Accuracy of a Chatbot (Ada) in the Diagnosis of Mental Disorders: Comparative Case Study With Lay and Expert Users

JMIR Form Res. 2019 Oct 29;3(4):e13863. doi: 10.2196/13863.

Abstract

Background: Health apps for the screening and diagnosis of mental disorders have emerged in recent years on various levels (eg, patients, practitioners, and public health system). However, the diagnostic quality of these apps has not been (sufficiently) tested so far.

Objective: The objective of this pilot study was to investigate the diagnostic quality of a health app for a broad spectrum of mental disorders and its dependency on expert knowledge.

Methods: Two psychotherapists, two psychology students, and two laypersons each read 20 case vignettes with a broad spectrum of mental disorders. They used a health app (Ada-Your Health Guide) to get a diagnosis by entering the symptoms. Interrater reliabilities were computed between the diagnoses of the case vignettes and the results of the app for each user group.

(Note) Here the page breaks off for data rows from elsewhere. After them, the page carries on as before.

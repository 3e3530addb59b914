-- ===== src/Memory/Initialize/Usable.antt =====
-- What a free frame is good for, once `pmm_initialize` has run on structures whose addresses lie on
-- page boundaries.
use projeto_so.Base.{
  ℕ, ◌+◌, ◌-◌, ◌%◌, ◌^◌, ◌≤◌, ◌<◌, ◌≡◌, ◌≢◌, ◌↔◌, refl, ◌∙◌, inl, inr, arith, false, ◌||◌, List,
  ◌==◌, if◌then◌else◌, Bool-cases, u32, sub_u32, bit_and,
}
use projeto_so.Io.Returns.{Returns, Returns-mono}
use projeto_so.Serial.Ready.{ready_count}
use projeto_so.Memory.{Pmm, page_size, kernel_base}
use projeto_so.Memory.Search.{frames}
use projeto_so.Memory.Frames.{IsWords, used}
use projeto_so.Memory.Initialize.{
  Ram, MultibootInfo, MemoryMap, multiboot_flag_mods, pmm_initialize,
}
use projeto_so.Memory.Initialize.Ranges.{meets}
use projeto_so.Memory.Initialize.Regions.{available}
use projeto_so.Memory.Initialize.Steps.{MapIs, ModulesSound, locked}
use projeto_so.Memory.Initialize.Result.{pmm_initialize_lem}
use projeto_so.Memory.Initialize.WholePages.{
  Apart, meets-Apart, Apart-meets, Covered, AllInPages, available-Covered, Covered-available,
  StartOnPages, ModulesApart, locks-ModulesApart, ModulesApart-locks,
}

-- What the boot loader hands over lies on page boundaries.
abbrev pub OnPages : MultibootInfo → Ram → (kernel_start : ℕ) → List MemoryMap → Type 0
OnPages mbinfo ram kernel_start entries =
    (sub_u32 kernel_start kernel_base % page_size ≡ 0)
    × AllInPages entries
    × (if bit_and mbinfo.flags multiboot_flag_mods == 0
        then Unit
        else StartOnPages mbinfo.mods_count 0 ram (u32 (mbinfo.mods_addr + kernel_base)))

-- Page `c` is memory that nothing else claims.
pub record Usable (mbinfo : MultibootInfo) (ram : Ram) (first last : ℕ) (entries : List MemoryMap)
    (c : ℕ) : Type 0 where
  pub not_first : c ≢ 0
  pub backed : Covered entries c
  pub off_kernel : Apart first last c
  pub off_modules :
      if bit_and mbinfo.flags multiboot_flag_mods == 0
      then Unit
      else ModulesApart mbinfo.mods_count 0 ram (u32 (mbinfo.mods_addr + kernel_base)) c

module _ (mbinfo : MultibootInfo) (ram : Ram) (kernel_start kernel_end : ℕ)
    (entries : List MemoryMap) (aligned : OnPages mbinfo ram kernel_start entries) (c : ℕ) where
  abbrev first : ℕ
  first = sub_u32 kernel_start kernel_base

  abbrev last : ℕ
  last = sub_u32 kernel_end kernel_base

  off_modules_of :
      locked mbinfo ram c ≡ false
      → (if bit_and mbinfo.flags multiboot_flag_mods == 0
          then Unit
          else ModulesApart mbinfo.mods_count 0 ram (u32 (mbinfo.mods_addr + kernel_base)) c)
  off_modules_of h = elim (Bool-cases (bit_and mbinfo.flags multiboot_flag_mods == 0)) [
    | inl absent ↦ rw absent tt
    | inr present ↦ rw present (
        locks-ModulesApart mbinfo.mods_count 0 ram (u32 (mbinfo.mods_addr + kernel_base)) c
          (rw present at (aligned.2)) (rw present at h))
  ]

  off_modules_back :
      (if bit_and mbinfo.flags multiboot_flag_mods == 0
        then Unit
        else ModulesApart mbinfo.mods_count 0 ram (u32 (mbinfo.mods_addr + kernel_base)) c)
      → locked mbinfo ram c ≡ false
  off_modules_back h = elim (Bool-cases (bit_and mbinfo.flags multiboot_flag_mods == 0)) [
    | inl absent ↦ rw absent refl
    | inr present ↦ rw present (
        ModulesApart-locks mbinfo.mods_count 0 ram (u32 (mbinfo.mods_addr + kernel_base)) c
          (rw present at (aligned.2)) (rw present at h))
  ]

  free-Usable :
      {u : ℕ}
      → u ≡ (
          if c == 0 || locked mbinfo ram c || meets first (last + 1) c
          then 1
          else if available entries c
          then 0
          else 1)
      → (u ≡ 0) ↔ Usable mbinfo ram first last entries c
  free-Usable {u} e = (
    λ free. record {
      not_first = λ z. absurd (ground (arith, e, free, z));
      backed = available-Covered entries c aligned.1 (ground (arith, e, free));
      off_kernel = meets-Apart first last c aligned.0 (ground (arith, e, free));
      off_modules = off_modules_of (ground (arith, e, free));
    },
    λ usable.
        e
        ∙ rw
            (
              zero_apart usable.not_first,
              off_modules_back usable.off_modules,
              Apart-meets first last c aligned.0 usable.off_kernel,
              Covered-available entries c aligned.1 usable.backed,
            )
            refl,
  )
    where
      zero_apart : c ≢ 0 → (c == 0) ≡ false
      zero_apart h = ground (arith, h)

-- If the kernel, the modules and the available regions start on page boundaries, and these regions
-- are of whole pages and lie below 4 GiB, `pmm_initialize`, on sound structures and with a port that
-- takes its messages, leaves a frame free just when it is memory to use: not frame 0, wholly inside
-- an available region of the memory map, and without a byte of the kernel's image or of a module,
-- their last addresses included.
pub pmm_initialize-Usable :
    {p : Pmm} (mbinfo : MultibootInfo) (ram : Ram) (kernel_start kernel_end : ℕ)
    (entries : List MemoryMap)
    → MapIs mbinfo ram entries
    → ModulesSound mbinfo ram
    → OnPages mbinfo ram kernel_start entries
    → sub_u32 kernel_end kernel_base < 2 ^ 32 - page_size
    → IsWords p.pmm_bitmap
    → 130 ≤ ready_count p.bus.inputs
    → Returns (pmm_initialize mbinfo ram kernel_start kernel_end) p (λ _ p'.
      (c : ℕ)
      → c < frames
      → (used p'.pmm_bitmap c ≡ 0)
        ↔ Usable mbinfo ram
            (sub_u32 kernel_start kernel_base)
            (sub_u32 kernel_end kernel_base)
            entries
            c)
pmm_initialize-Usable mbinfo ram kernel_start kernel_end entries map mods aligned low words ready =
    Returns-mono
      (pmm_initialize_lem mbinfo ram kernel_start kernel_end entries map mods (omega (arith, low))
        words ready)
      (λ _ p' (w, marks) c h.
        free-Usable mbinfo ram kernel_start kernel_end entries aligned c (marks c h))
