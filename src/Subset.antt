-- ===== src/Subset.antt =====
-- services/sidecar/src/kb_common/feature_index.py: `SubsetIndex`, a trie of sorted features. A dict
-- of the trie is its entry under None, which is always a terminal, and its other entries.
pub mod Dicts
pub mod Entries
pub mod Weight
pub mod Loop
pub mod Ends
pub mod Refines
use claw_tune.Base.{
  ℕ, zero, suc, ◌+◌, ltb, leb, Bool, true, false, Option, none, some, List, [], ◌∷◌, ◌++◌, length,
  if◌then◌else◌, is_yes, is_some, sort_by,
}
use claw_tune.Superset.{has, insert}

-- A terminal is the number of the node and the node.
abbrev pub Terminal : Type 0 → Type 0
Terminal F = ℕ × List F

mutual
  pub data Branch (F : Type 0) : Type 0 where
    branch : Option (ℕ × List F) → Children F → Branch F

  pub data Child (F : Type 0) : Type 0 where
    leaf : ℕ × List F → Child F
    inner : Branch F → Child F

  pub data Children (F : Type 0) : Type 0 where
    nil : Children F
    cons : F → Child F → Children F → Children F

pub record Index (F : Type 0) : Type 0 where
  pub trie : Branch F
  pub size : ℕ

module _ {F : Type 0} where
  -- The dict that a child is turned into when it is passed.
  unfoldable pub as_branch : Option (Child F) → Branch F
  as_branch none = branch none nil
  as_branch (some (leaf t)) = branch (some t) nil
  as_branch (some (inner b)) = b

  -- What stands under the last feature with the terminal.
  unfoldable pub last_child : Terminal F → Option (Child F) → Child F
  last_child t none = leaf t
  last_child t (some (leaf _)) = leaf t
  last_child t (some (inner (branch _ cs))) = inner (branch (some t) cs)

  unfoldable pub count : Children F → ℕ
  count nil = 0
  count (cons f c cs) = suc (count cs)

  -- `stack.append(child)` or `matches.append(child)` for each child. The top of the stack is its head.
  unfoldable pub visit :
      List (Child F) → List (Branch F) → List (Terminal F) → List (Branch F) × List (Terminal F)
  visit [] stack matches = (stack, matches)
  visit (leaf t ∷ cs) stack matches = visit cs stack (t ∷ matches)
  visit (inner b ∷ cs) stack matches = visit cs (b ∷ stack) matches

  unfoldable pub with_terminal : Option (Terminal F) → List (Terminal F) → List (Terminal F)
  with_terminal none matches = matches
  with_terminal (some t) matches = t ∷ matches

  -- Whether a terminal comes no later than another. No two have the same number.
  abbrev pub no_later : Terminal F → Terminal F → Bool
  no_later s t = leb s.0 t.0

  unfoldable pub nodes_of : List (Terminal F) → List (List F)
  nodes_of [] = []
  nodes_of ((_, node) ∷ ts) = node ∷ nodes_of ts

module _ {F : Type 0} (dec : Discrete F) where
  -- `branch.get(f)`
  unfoldable pub get_child : F → Children F → Option (Child F)
  get_child f nil = none
  get_child f (cons g c cs) = if is_yes (dec g f) then some c else get_child f cs

  -- `branch[f] = child`
  unfoldable pub put_child : F → Child F → Children F → Children F
  put_child f c nil = cons f c nil
  put_child f c (cons g d cs) =
      if is_yes (dec g f) then cons g c cs else cons g d (put_child f c cs)

  -- `add` of a terminal from the dict that the loop has reached, with the features that are left.
  unfoldable pub add_terminal : List F → Terminal F → Branch F → Branch F
  add_terminal [] t (branch _ cs) = branch (some t) cs
  add_terminal (f ∷ []) t (branch n cs) = branch n (put_child f (last_child t (get_child f cs)) cs)
  add_terminal (f ∷ g ∷ fs) t (branch n cs) =
      branch n (put_child f (inner (add_terminal (g ∷ fs) t (as_branch (get_child f cs)))) cs)

  -- `set(features)`
  unfoldable pub set_of : List F → List F
  set_of [] = []
  set_of (f ∷ fs) = insert dec f (set_of fs)

  unfoldable pub cons_child : Option (Child F) → List (Child F) → List (Child F)
  cons_child none cs = cs
  cons_child (some c) cs = c ∷ cs

  -- `branch[f] for f in allowed if f in branch`
  unfoldable pub by_features : List F → Children F → List (Child F)
  by_features [] cs = []
  by_features (f ∷ fs) cs = cons_child (get_child f cs) (by_features fs cs)

  -- `child for f, child in branch.items() if f in allowed`
  unfoldable pub by_items : List F → Children F → List (Child F)
  by_items allowed nil = []
  by_items allowed (cons f c cs) =
      let rest = by_items allowed cs in if has dec f allowed then c ∷ rest else rest

  -- The children that are visited, by the shorter of the two ways.
  unfoldable pub chosen : List F → Option (Terminal F) → Children F → List (Child F)
  chosen allowed n cs =
      if ltb (length allowed + 1) (count cs + (if is_some n then 1 else 0))
      then by_features allowed cs
      else by_items allowed cs

  -- The loop over the stack. The fuel counts its rounds.
  unfoldable pub subset_loop :
      ℕ → List F → List (Branch F) → List (Terminal F) → Option (List (Terminal F))
  subset_loop fuel allowed [] matches = some matches
  subset_loop zero allowed (b ∷ stack) matches = none
  subset_loop (suc fuel) allowed (branch n cs ∷ stack) matches =
      let next = visit (chosen allowed n cs) stack (with_terminal n matches) in
      subset_loop fuel allowed next.0 next.1

  module _ (le : F → F → Bool) where
    -- `add`
    unfoldable pub add : List F → Index F → Index F
    add node index = record {
      trie = add_terminal (sort_by le node) (index.size, node) index.trie;
      size = suc index.size;
    }

    -- `__init__`
    unfoldable pub add_nodes : List (List F) → Index F → Index F
    add_nodes [] index = index
    add_nodes (node ∷ nodes) index = add_nodes nodes (add node index)

    unfoldable pub new_index : List (List F) → Index F
    new_index nodes = add_nodes nodes (record { trie = branch none nil; size = 0 })

  -- The terminals that `subsets` finds, sorted, within some rounds.
  unfoldable pub found : ℕ → List F → Index F → Option (List (Terminal F))
  found fuel features index = elim (subset_loop fuel (set_of features) (index.trie ∷ []) []) [
    | none ↦ none
    | some matches ↦ some (sort_by no_later matches)
  ]

-- How many dicts there are, which is enough rounds.
unfoldable mutual
  pub weight : {F : Type 0} → Branch F → ℕ
  weight (branch n cs) = suc (weights cs)

  pub weights : {F : Type 0} → Children F → ℕ
  weights nil = 0
  weights (cons f (leaf t) cs) = weights cs
  weights (cons f (inner b) cs) = weight b + weights cs

-- `subsets`
unfoldable pub subsets : {F : Type 0} (dec : Discrete F) → List F → Index F → Option (List (List F))
subsets dec features index = elim (found dec (weight index.trie) features index) [
  | none ↦ none
  | some ts ↦ some (nodes_of ts)
]
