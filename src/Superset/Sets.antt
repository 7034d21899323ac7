-- ===== src/Superset/Sets.antt =====
-- The set and list operations of the index: membership in what they return.
use claw_tune.Base.{
  ◌≡◌, ◌≢◌, refl, inl, inr, Bool, true, false, ◌&&◌, ◌||◌, List, [], ◌∷◌, is_yes, arith, Bool-cases,
}
use claw_tune.Superset.{has, insert, intersect, is_empty, insert_by_length, sort_by_length}

module _ {A : Type 0} (dec : Discrete A) where
  pub has-insert :
      (k x : A) (xs : List A) → has dec k (insert dec x xs) ≡ (is_yes (dec x k) || has dec k xs)
  unfolding has insert
  has-insert k x xs = elim (dec x k) [
    | yes p ↦ elim (Bool-cases (has dec x xs)) [
      | inl h ↦ ground (arith, p, h)
      | inr h ↦ ground (arith, p, h)
    ]
    | no n ↦ ground (arith, n)
  ]

  pub has-intersect :
      (k : A) (xs ys : List A) → has dec k (intersect dec xs ys) ≡ (has dec k xs && has dec k ys)
  unfolding has intersect
  has-intersect k [] ys = refl
  has-intersect k (x ∷ xs) ys = elim (dec x k) [
    | yes p ↦ ground (arith, p, has-intersect k xs ys)
    | no n ↦ ground (arith, n, has-intersect k xs ys)
  ]

  pub has-is_empty : (k : A) (xs : List A) → is_empty xs ≡ true → has dec k xs ≡ false
  unfolding has
  has-is_empty k [] e = refl
  has-is_empty k (x ∷ xs) e = absurd cc

  -- Every list has the element.
  abbrev pub in_all : A → List (List A) → Bool
  in_all k [] = true
  in_all k (xs ∷ xss) = has dec k xs && in_all k xss

  pub in_all-insert :
      (k : A) (xs : List A) (xss : List (List A))
      → in_all k (insert_by_length xs xss) ≡ (has dec k xs && in_all k xss)
  unfolding insert_by_length
  in_all-insert k xs [] = refl
  in_all-insert k xs (ys ∷ yss) = ground (arith, in_all-insert k xs yss)

  pub in_all-sort : (k : A) (xss : List (List A)) → in_all k (sort_by_length xss) ≡ in_all k xss
  unfolding sort_by_length
  in_all-sort k [] = refl
  in_all-sort k (xs ∷ xss) =
      ground (arith, in_all-insert k xs (sort_by_length xss), in_all-sort k xss)

  pub insert_nonempty : (xs : List A) (xss : List (List A)) → insert_by_length xs xss ≢ []
  unfolding insert_by_length
  insert_nonempty xs [] e = absurd cc
  insert_nonempty xs (ys ∷ yss) e = ground (arith, e)

  pub sort_nonempty : (xs : List A) (xss : List (List A)) → sort_by_length (xs ∷ xss) ≢ []
  unfolding sort_by_length
  sort_nonempty xs xss e = insert_nonempty xs (sort_by_length xss) e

Results: Overall, there was a moderate diagnostic agreement (kappa=0.64) between the results of the app and the case vignettes for mental disorders in adulthood and a low diagnostic agreement (kappa=0.40) for mental disorders in childhood and adolescence. When psychotherapists applied the app, there was a good diagnostic agreement (kappa=0.78) regarding mental disorders in adulthood. The diagnostic agreement was moderate (kappa=0.55/0.60) for students and laypersons. For mental disorders in childhood and adolescence, a moderate diagnostic quality was found when psychotherapists (kappa=0.53) and students (kappa=0.41) used the app, whereas the quality was low for laypersons (kappa=0.29). On average, the app required 34 questions to be answered and 7 min to complete.

Conclusions: The health app investigated here can represent an efficient diagnostic screening or help function for mental disorders in adulthood and has the potential to support especially diagnosticians in their work in various ways. The results of this pilot study provide a first indication that the diagnostic accuracy is user dependent and improvements in the app are needed especially for mental disorders in childhood and adolescence.

Keywords: (mobile) app; artificial intelligence; diagnostic; eHealth; mHealth; mental disorders; screening.